Collected data:
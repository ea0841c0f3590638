-- ===== src/Tests/Samples.antt =====
-- Concrete stand-ins for what is not part of the repository, and sample data.
use tx_xrpl_token_migrator.Base.{
  ◌^◌, ◌≡◌, refl, ◌↔◌, Option, none, some, List, [], ◌∷◌, arith, ltb, ◌==◌, length, if◌then◌else◌,
}
use tx_xrpl_token_migrator.Base.Int.{ℤ, pos, negsuc, ◌+ℤ◌, ◌-ℤ◌, ◌*ℤ◌, ◌≤ℤ◌, ltb_ℤ, abs}
use tx_xrpl_token_migrator.Base.Str.{Str, codes, str_eq}
use tx_xrpl_token_migrator.Rat.{Rat, RatParser, one_rat, zero_rat, IsRat}
use tx_xrpl_token_migrator.Ripple.{Ripple, RippleLaws, Account, Balance}
use tx_xrpl_token_migrator.Sdk.{Sdk, SdkLaws}

-- Values are whole numbers, and an amount with no currency is native.
abbrev pub ripple : Ripple
ripple = record {
  Value = ℤ;
  NodeEffects = Option (Account → Option (List (Balance ℤ)));
  account_string = λ a. a;
  currency_string = λ c. c;
  currency_equals = str_eq;
  account_equals = str_eq;
  is_native = λ a. length a.currency == 0;
  value_rat = λ v. record { num = v; den = 1 };
  value_add = λ v w. some (v +ℤ w);
  value_compare = λ v w. v -ℤ w;
  balances = λ n. n;
  new_account_from_address = λ s. if length s == 0 then none else some s;
  new_currency = λ s. if length s == 0 then none else some s;
}

compare_sample : (v w : ℤ) → (pos 0 ≤ℤ v -ℤ w) ↔ (w *ℤ pos 1 ≤ℤ v *ℤ pos 1)
unfolding ◌-ℤ◌ ◌*ℤ◌
compare_sample v w = (λ h. ground arith, λ h. ground arith)

pub ripple_laws : RippleLaws ripple
ripple_laws = record { rat_pos = λ v. omega arith; compare_rat = compare_sample }

-- An address text is a `t` and the address.
abbrev pub parse_address : Str → Option Str
parse_address [] = none
parse_address (c ∷ s) = if c == b't' then some s else none

abbrev pub print_int : ℤ → Str
print_int (pos n) = n ∷ []
print_int (negsuc n) = b'-' ∷ n ∷ []

abbrev pub sdk : Sdk
sdk = record {
  acc_address_from_bech32 = parse_address;
  address_string = λ a. b't' ∷ a;
  new_int_from_big_int = λ a. if ltb (abs a) (2 ^ 256) then some a else none;
  int_add = λ a b. if ltb (abs (a +ℤ b)) (2 ^ 256) then some (a +ℤ b) else none;
  new_coin = λ d a. if ltb_ℤ a (pos 0) then none else some (record { denom = d; amount = a });
  coin_string = λ c. print_int c.amount;
  int_string = print_int;
}

pub sdk_laws : SdkLaws sdk
sdk_laws = record {
  bech32_string = λ a. refl;
  int_value = λ a b h. ground arith;
  int_fits = λ a h. ground arith;
  coin_value = λ d a c h. ground arith;
}

-- The multiplier texts 1.0, 1.5 and 0.0 are read.
abbrev pub read_rat : Str → Option Rat
read_rat s =
    if str_eq s (codes "1.0")
    then some one_rat
    else if str_eq s (codes "1.5")
    then some (record { num = pos 3; den = 2 })
    else if str_eq s (codes "0.0")
    then some zero_rat
    else none

pub read_rat_pos : (s : Str) (r : Rat) → read_rat s ≡ some r → IsRat r
read_rat_pos s r h = ground arith

abbrev pub parser : RatParser
parser = record { set_string = read_rat; set_string_pos = read_rat_pos }
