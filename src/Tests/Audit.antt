-- ===== src/Tests/Audit.antt =====
-- The audit, the watcher and the service on sample data.
use tx_xrpl_token_migrator.Base.{
  ◌≡◌, refl, ◌↔◌, true, Option, none, some, List, [], ◌∷◌, map, filter, All,
}
use tx_xrpl_token_migrator.Base.Int.{pos, ◌+ℤ◌}
use tx_xrpl_token_migrator.Base.Str.{Str, codes, str_eq}
use tx_xrpl_token_migrator.Base.Go.{ok, err, panics, new_error}
use tx_xrpl_token_migrator.Sdk.{Coin}
use tx_xrpl_token_migrator.Xrpl.Model.{Transaction}
use tx_xrpl_token_migrator.Finder.Build.{Config}
use tx_xrpl_token_migrator.Tx.Contract.Pending.{has_id}
use tx_xrpl_token_migrator.Tx.Contract.Types
use tx_xrpl_token_migrator.Tx.Contract.Types.{ThresholdBankSendRequest, XrplToken}
use tx_xrpl_token_migrator.Audit.Types.{
  Attribute, Message, TxResponse, DiscrepancyType, Discrepancy, ContractCallTx, XrplTokenConfig,
  AuditorConfig, Decoders,
}
use tx_xrpl_token_migrator.Audit.Events.{
  find_event_sibling_attribute_values, values_of_events, find_events_sibling_attribute_values,
  sum_coins, sum_coins_events_sibling_attribute_values,
}
use tx_xrpl_token_migrator.Audit.Events.Last.{last_sibling_panics}
use tx_xrpl_token_migrator.Audit.Calls.{
  sent_by_contract, sent_coins, twice, compare_sent, analyze_calls,
  analyze_contract_call_discrepancies,
}
use tx_xrpl_token_migrator.Audit.Calls.Twice.{is_double_spend, repeated, double_spends}
use tx_xrpl_token_migrator.Audit.Compare.{analyze_xrpl_to_tx_discrepancies}
use tx_xrpl_token_migrator.Audit.Compare.Clean.{IsClean, audit-IsClean}
use tx_xrpl_token_migrator.Watcher.{err_config_changed, ConfigWatcher, Tick, watch}
use tx_xrpl_token_migrator.Watcher.Detects.{IsChanged, watch_detects}
use tx_xrpl_token_migrator.Service.Restart.{IsRestart, run_goes_on}
use tx_xrpl_token_migrator.Service.{Iteration, run_executor_with_auto_restart, Settings}
use tx_xrpl_token_migrator.Tests.Samples.{ripple, sdk, parser}

abbrev sender_attr : Attribute
sender_attr = record { key = codes "sender"; value = codes "c" }

abbrev amount_attr : Attribute
amount_attr = record { key = codes "amount"; value = codes "7" }

last_sibling_panics_example :
    find_event_sibling_attribute_values
      (amount_attr ∷ sender_attr ∷ [])
      (codes "sender")
      (codes "c")
      (codes "amount")
    ≡ panics
unfolding str_eq
last_sibling_panics_example =
    last_sibling_panics (amount_attr ∷ []) sender_attr (codes "sender") (codes "c") (codes "amount")
      refl refl

abbrev coin : Coin
coin = record { denom = codes "utx"; amount = pos 7 }

abbrev decoders : Decoders
decoders = record {
  stringify_events = λ events. events;
  parse_coin_normalized = λ s. some coin;
  add_coin = λ coins c. c ∷ coins;
  amount_of = λ coins d. pos 7;
  base64_decode = λ s. none;
  unmarshal_call = λ s. none;
  unmarshal_threshold_bank_send = λ s. none;
  unmarshal_execute_pending = λ s. none;
  unmarshal_update_min_amount = λ s. none;
  unmarshal_update_max_amount = λ s. none;
}

abbrev auditor : AuditorConfig
auditor = record {
  contract_address = codes "c";
  tx_denom = codes "utx";
  tx_decimals = 6;
  xrpl_memo_suffix = codes "/tx";
  xrpl_tokens =
      record { xrpl_issuer = codes "I"; xrpl_currency = codes "C"; multiplier = codes "1.5" } ∷ [];
}

abbrev sent_tx : TxResponse
sent_tx = record {
  tx_hash = codes "T";
  events =
      record { event_type = codes "transfer"; attributes = sender_attr ∷ amount_attr ∷ [] } ∷ [];
  messages = none;
}

abbrev call : ContractCallTx ThresholdBankSendRequest
call = record {
  tx = sent_tx;
  msg = Message.other_message;
  payload = record { id = codes "H"; amount = coin; recipient = codes "tab" };
}

abbrev flagged : List (Discrepancy ripple)
flagged =
    record {
      tx_tx = sent_tx;
      xrpl_tx = none;
      discrepancy_type = DiscrepancyType.contract_double_spend;
    }
    ∷ []

calls_run :
    analyze_contract_call_discrepancies ripple sdk decoders auditor (call ∷ call ∷ []) ≡ ok flagged
unfolding analyze_contract_call_discrepancies analyze_calls twice compare_sent sent_coins
    sent_by_contract sum_coins_events_sibling_attribute_values find_events_sibling_attribute_values
    sum_coins values_of_events find_event_sibling_attribute_values str_eq has_id ◌+ℤ◌
calls_run = refl

double_spends_example :
    map (λ (d : Discrepancy ripple). d.tx_tx) (filter is_double_spend flagged)
    ≡ map (λ (c : ContractCallTx ThresholdBankSendRequest). c.tx) (repeated (call ∷ call ∷ []) [])
double_spends_example =
    double_spends ripple sdk decoders auditor (call ∷ call ∷ []) flagged calls_run

abbrev xrpl_transaction : Transaction ripple
xrpl_transaction = record {
  account = codes "U";
  destination = codes "I";
  delivery_amount = record { value = some (pos 10); currency = codes "C"; issuer = codes "I" };
  memos = codes "tab/tx" ∷ [];
  hash = codes "H";
  transaction_type = codes "Payment";
  transaction_result = codes "tesSUCCESS";
  ledger_index = pos 80;
  sequence = pos 1;
  date = pos 5;
  validated = true;
  affected_nodes = none;
}

abbrev transactions : Str → Option (Transaction ripple)
transactions hash = some xrpl_transaction

audit-IsClean_example :
    (analyze_xrpl_to_tx_discrepancies ripple sdk parser auditor transactions (call ∷ []) ≡ ok [])
    ↔ All (IsClean ripple sdk parser auditor transactions) (call ∷ [])
audit-IsClean_example = audit-IsClean ripple sdk parser auditor transactions (call ∷ [])

abbrev changed : Types.Config
changed = record {
  owner = [];
  trusted_addresses = [];
  threshold = 2;
  min_amount = pos 5;
  max_amount = pos 9;
  xrpl_tokens = [];
  version = 2;
}

abbrev ticks : List Tick
ticks = Tick.polled (err (new_error (codes "e"))) ∷ Tick.polled (ok changed) ∷ []

abbrev watcher : ConfigWatcher
watcher = record { current_version = 1 }

watch_detects_example :
    (watch watcher ticks ≡ some (err err_config_changed)) ↔ IsChanged watcher ticks
watch_detects_example = watch_detects watcher ticks

abbrev settings : Settings
settings = record {
  xrpl_history_scan_start_ledger = pos 1;
  xrpl_recent_scan_indexes_back = pos 30;
  xrpl_memo_suffix = codes "/tx";
  tx_denom = codes "utx";
  tx_decimals = 6;
}

abbrev token : XrplToken
token = record {
  currency = codes "C";
  issuer = codes "I";
  activation_date = 5;
  multiplier = codes "1.5";
}

abbrev token_finder : Config
token_finder = record {
  xrpl_issuer = codes "I";
  xrpl_currency = codes "C";
  activation_date = pos 5_000_000_000;
  multiplier = codes "1.5";
  xrpl_history_scan_start_ledger = pos 1;
  xrpl_recent_scan_indexes_back = pos 30;
  xrpl_memo_suffix = codes "/tx";
  tx_denom = codes "utx";
  tx_decimals = 6;
}

abbrev token_audit : XrplTokenConfig
token_audit = record {
  xrpl_issuer = codes "I";
  xrpl_currency = codes "C";
  multiplier = codes "1.5";
}

abbrev restarting : Iteration
restarting = record { ctx_err = none; services = ok tt; run = err err_config_changed }

run_goes_on_example :
    (run_executor_with_auto_restart (restarting ∷ restarting ∷ []) ≡ none)
    ↔ All IsRestart (restarting ∷ restarting ∷ [])
run_goes_on_example = run_goes_on (restarting ∷ restarting ∷ [])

About this task:
From the records above, copy only the lines starting with the line that holds "unfolding str_eq" and going on through the line that holds "unfolding analyze_contract_call_discrepancies analyze_calls", exactly as written.

Answer to this task:
unfolding str_eq
last_sibling_panics_example =
    last_sibling_panics (amount_attr ∷ []) sender_attr (codes "sender") (codes "c") (codes "amount")
      refl refl

abbrev coin : Coin
coin = record { denom = codes "utx"; amount = pos 7 }

abbrev decoders : Decoders
decoders = record {
  stringify_events = λ events. events;
  parse_coin_normalized = λ s. some coin;
  add_coin = λ coins c. c ∷ coins;
  amount_of = λ coins d. pos 7;
  base64_decode = λ s. none;
  unmarshal_call = λ s. none;
  unmarshal_threshold_bank_send = λ s. none;
  unmarshal_execute_pending = λ s. none;
  unmarshal_update_min_amount = λ s. none;
  unmarshal_update_max_amount = λ s. none;
}

abbrev auditor : AuditorConfig
auditor = record {
  contract_address = codes "c";
  tx_denom = codes "utx";
  tx_decimals = 6;
  xrpl_memo_suffix = codes "/tx";
  xrpl_tokens =
      record { xrpl_issuer = codes "I"; xrpl_currency = codes "C"; multiplier = codes "1.5" } ∷ [];
}

abbrev sent_tx : TxResponse
sent_tx = record {
  tx_hash = codes "T";
  events =
      record { event_type = codes "transfer"; attributes = sender_attr ∷ amount_attr ∷ [] } ∷ [];
  messages = none;
}

abbrev call : ContractCallTx ThresholdBankSendRequest
call = record {
  tx = sent_tx;
  msg = Message.other_message;
  payload = record { id = codes "H"; amount = coin; recipient = codes "tab" };
}

abbrev flagged : List (Discrepancy ripple)
flagged =
    record {
      tx_tx = sent_tx;
      xrpl_tx = none;
      discrepancy_type = DiscrepancyType.contract_double_spend;
    }
    ∷ []

calls_run :
    analyze_contract_call_discrepancies ripple sdk decoders auditor (call ∷ call ∷ []) ≡ ok flagged
unfolding analyze_contract_call_discrepancies analyze_calls twice compare_sent sent_coins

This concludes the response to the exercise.